● WHAT IS NEEDED: The answer must consist of every line in the records below that contains the string "where".

● LISTED ENTRIES:

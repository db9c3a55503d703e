-- ===== src/Server/Routing.antt =====
-- Who gets which event.
use shadowc.Base.{
  ◌≡◌, refl, ◌∙◌, sym, ap, inl, inr, ℕ, true, false, some, none, List, [], ◌∷◌, ◌++◌, Bytes, drop,
  append_assoc, append-nil, if◌then◌else◌, Bool-cases,
}
use shadowc.Base.Int.{ℤ, int_eq, int_eq_iff, int_key}
use shadowc.Memory.{ok, ◌>>=◌}
use shadowc.Memory.Laws.{>>=-eq-ok}
use shadowc.Eventloop.{EventLoop, EpollEvent, dispatch, dispatch_all}
use shadowc.Eventloop.Registry.{handler_of}
use shadowc.Eventloop.Schedule.{dispatch-some, dispatch-none}
use shadowc.Asyncdns.Response.{Malloc}
use shadowc.Asyncdns.Resolver.{Resolver}
use shadowc.Asyncdns.Resolver
use shadowc.Asyncdns.Resolver.History
use shadowc.Asyncdns.Resolver.Service.{extend}
use shadowc.Asyncdns.Resolver.Dispatch.{next, arrivals}
use shadowc.Tcprelay.{Relay, Answers, Attempt, started}
use shadowc.Tcprelay
use shadowc.Tcprelay.Accepting
use shadowc.Server.{Handler, resolver, relay, Server, next_answer, loop_of, on_event}

-- The events of the listening socket, each with what the system answers.
abbrev pub visits : ℤ → List EpollEvent → List Answers → List (EpollEvent × Answers)
visits listening [] answers = []
visits listening (e ∷ es) answers =
    if int_eq listening e.fd
    then (e, next_answer answers) ∷ visits listening es (drop 1 answers)
    else visits listening es answers

-- The resolver handles the events of `socket`, the relay those of `listening`, and nobody others.
pub record Routes (socket listening : ℤ) (loop : EventLoop Handler) : Type 0 where
  pub to_resolver : handler_of loop socket ≡ some resolver
  pub to_relay : handler_of loop listening ≡ some relay
  pub apart : int_eq socket listening ≡ false
  pub no_other :
      (fd : ℤ) → int_eq socket fd ≡ false → int_eq listening fd ≡ false → handler_of loop fd ≡ none

pub apart-other :
    (socket listening fd : ℤ)
    → int_eq socket listening ≡ false
    → int_eq socket fd ≡ true
    → int_eq listening fd ≡ false
apart-other socket listening fd ne dns = elim (Bool-cases (int_eq listening fd)) [
  | inr other ↦ other
  | inl knock ↦
      let same : int_eq socket listening ≡ true =
        (int_eq_iff socket listening).1
          ((int_eq_iff socket fd).0 dns ∙ sym ((int_eq_iff listening fd).0 knock)) in
      absurd (cc)
]

-- The relay over what visits it, from a list of effects on.
abbrev visited {ℓ} :
    {H : Type ℓ}
    → List (Tcprelay.Effect H)
    → List (EpollEvent × Answers)
    → Relay H
    → Relay H × List (Tcprelay.Effect H)
visited before es r = ((Accepting.run es r).0, before ++ (Accepting.run es r).1)

module _ {ℓ} {C : Type 0} {H : Type ℓ} (fuel : ℕ) (malloc : Malloc) (inet_ntoa : Bytes → Bytes)
    (socket listening : ℤ) where
  abbrev step : EpollEvent → Server C H → Server C H
  step = dispatch loop_of (on_event fuel malloc inet_ntoa)

  -- An event goes to the one whose descriptor it has.
  step-Routes :
      (e : EpollEvent) (s : Server C H)
      → Routes socket listening s.loop
      → step e s ≡ (
          if int_eq socket e.fd
          then on_event fuel malloc inet_ntoa resolver e s
          else if int_eq listening e.fd
          then on_event fuel malloc inet_ntoa relay e s
          else s)
  step-Routes e s routes = elim (Bool-cases (int_eq socket e.fd)) [
    | inl dns ↦ rw dns (
        dispatch-some loop_of (on_event fuel malloc inet_ntoa) e s
          (rw (← (int_eq_iff socket e.fd).0 dns) routes.to_resolver))
    | inr not_dns ↦ elim (Bool-cases (int_eq listening e.fd)) [
      | inl knock ↦
          rw (not_dns, knock)
            (dispatch-some loop_of (on_event fuel malloc inet_ntoa) e s
              (rw (← (int_eq_iff listening e.fd).0 knock) routes.to_relay))
      | inr other ↦
          rw (not_dns, other)
            (dispatch-none loop_of (on_event fuel malloc inet_ntoa) e s
              (routes.no_other e.fd not_dns other))
    ]
  ]

  pub resolving-dispatch_all :
      (es : List EpollEvent) (s : Server C H) {r r' : Resolver C}
      {before more : List (Resolver.Effect C)}
      → Routes socket listening s.loop
      → s.resolving ≡ ok (r, before)
      → History.run fuel malloc inet_ntoa (arrivals socket es s.buffers) r ≡ ok (r', more)
      → (dispatch_all loop_of (on_event fuel malloc inet_ntoa) es s).resolving
        ≡ ok (r', before ++ more)
  unfolding dispatch_all History.run on_event
  resolving-dispatch_all [] s {r} {r'} {before} {more} routes now goes =
      now
      ∙ ap (λ (l : List (Resolver.Effect C)). ok (r, l)) (sym (append-nil before))
      ∙ ap (extend before) goes
  resolving-dispatch_all (e ∷ es) s {r} {r'} {before} {more} routes now goes =
      elim (Bool-cases (int_eq socket e.fd)) [
        | inl dns ↦
            let h : History.run fuel malloc inet_ntoa
                  (History.received e (next s.buffers) ∷ arrivals socket es (drop 1 s.buffers)) r
                ≡ ok (r', more) =
              rw dns at goes in
            let ((r₁, first), handled, h') =
              >>=-eq-ok (Resolver.handle_event fuel malloc inet_ntoa r e (next s.buffers)) _ h in
            let ((r₂, later), rest, done) =
              >>=-eq-ok
                (History.run fuel malloc inet_ntoa (arrivals socket es (drop 1 s.buffers)) r₁) _
                h' in
            let s₁ : Server C H = on_event fuel malloc inet_ntoa resolver e s in
            let stepped : step e s ≡ s₁ = step-Routes e s routes ∙ rw dns refl in
            let handled_now : s₁.resolving ≡ ok (r₁, before ++ first) =
              rw (now, ◌>>=◌, handled) refl in
            ap
              (λ (x : Server C H).
                (dispatch_all loop_of (on_event fuel malloc inet_ntoa) es x).resolving)
              stepped
            ∙ resolving-dispatch_all es s₁ routes handled_now rest
            ∙ ap (λ (l : List (Resolver.Effect C)). ok (r₂, l)) (append_assoc before first later)
            ∙ ap (extend before) done
        | inr not_dns ↦
            let rest : History.run fuel malloc inet_ntoa (arrivals socket es s.buffers) r
                ≡ ok (r', more) =
              rw not_dns at goes in
            elim (Bool-cases (int_eq listening e.fd)) [
              | inl knock ↦
                  let s₁ : Server C H = on_event fuel malloc inet_ntoa relay e s in
                  let stepped : step e s ≡ s₁ = step-Routes e s routes ∙ rw (not_dns, knock) refl in
                  ap
                    (λ (x : Server C H).
                      (dispatch_all loop_of (on_event fuel malloc inet_ntoa) es x).resolving)
                    stepped
                  ∙ resolving-dispatch_all es s₁ routes now rest
              | inr other ↦
                  let stepped : step e s ≡ s = step-Routes e s routes ∙ rw (not_dns, other) refl in
                  ap
                    (λ (x : Server C H).
                      (dispatch_all loop_of (on_event fuel malloc inet_ntoa) es x).resolving)
                    stepped
                  ∙ resolving-dispatch_all es s routes now rest
            ]
      ]

  pub relaying-dispatch_all :
      (es : List EpollEvent) (s : Server C H)
      → Routes socket listening s.loop
      → (dispatch_all loop_of (on_event fuel malloc inet_ntoa) es s).relaying
        ≡ visited s.relaying.1 (visits listening es s.answers) s.relaying.0
  unfolding dispatch_all Accepting.run on_event
  relaying-dispatch_all [] s routes = ap (λ l. (s.relaying.0, l)) (sym (append-nil s.relaying.1))
  relaying-dispatch_all (e ∷ es) s routes = elim (Bool-cases (int_eq socket e.fd)) [
    | inl dns ↦
        let s₁ : Server C H = on_event fuel malloc inet_ntoa resolver e s in
        let stepped : step e s ≡ s₁ = step-Routes e s routes ∙ rw dns refl in
        let not_knock : int_eq listening e.fd ≡ false =
          apart-other socket listening e.fd routes.apart dns in
        ap
          (λ (x : Server C H).
            (dispatch_all loop_of (on_event fuel malloc inet_ntoa) es x).relaying)
          stepped
        ∙ relaying-dispatch_all es s₁ routes
        ∙ rw not_knock refl
    | inr not_dns ↦ elim (Bool-cases (int_eq listening e.fd)) [
      | inl knock ↦
          let s₁ : Server C H = on_event fuel malloc inet_ntoa relay e s in
          let stepped : step e s ≡ s₁ = step-Routes e s routes ∙ rw (not_dns, knock) refl in
          let (l', first) = Tcprelay.handle_event s.relaying.0 e (next_answer s.answers) in
          let (l'', more) = Accepting.run (visits listening es (drop 1 s.answers)) l' in
          ap
            (λ (x : Server C H).
              (dispatch_all loop_of (on_event fuel malloc inet_ntoa) es x).relaying)
            stepped
          ∙ relaying-dispatch_all es s₁ routes
          ∙ rw knock (
              ap (λ (l : List (Tcprelay.Effect H)). (l'', l))
                (append_assoc s.relaying.1 first more))
      | inr other ↦
          let stepped : step e s ≡ s = step-Routes e s routes ∙ rw (not_dns, other) refl in
          ap
            (λ (x : Server C H).
              (dispatch_all loop_of (on_event fuel malloc inet_ntoa) es x).relaying)
            stepped
          ∙ relaying-dispatch_all es s routes
          ∙ rw other refl
    ]
  ]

● WRITTEN ANSWER:
pub record Routes (socket listening : ℤ) (loop : EventLoop Handler) : Type 0 where
    (socket listening : ℤ) where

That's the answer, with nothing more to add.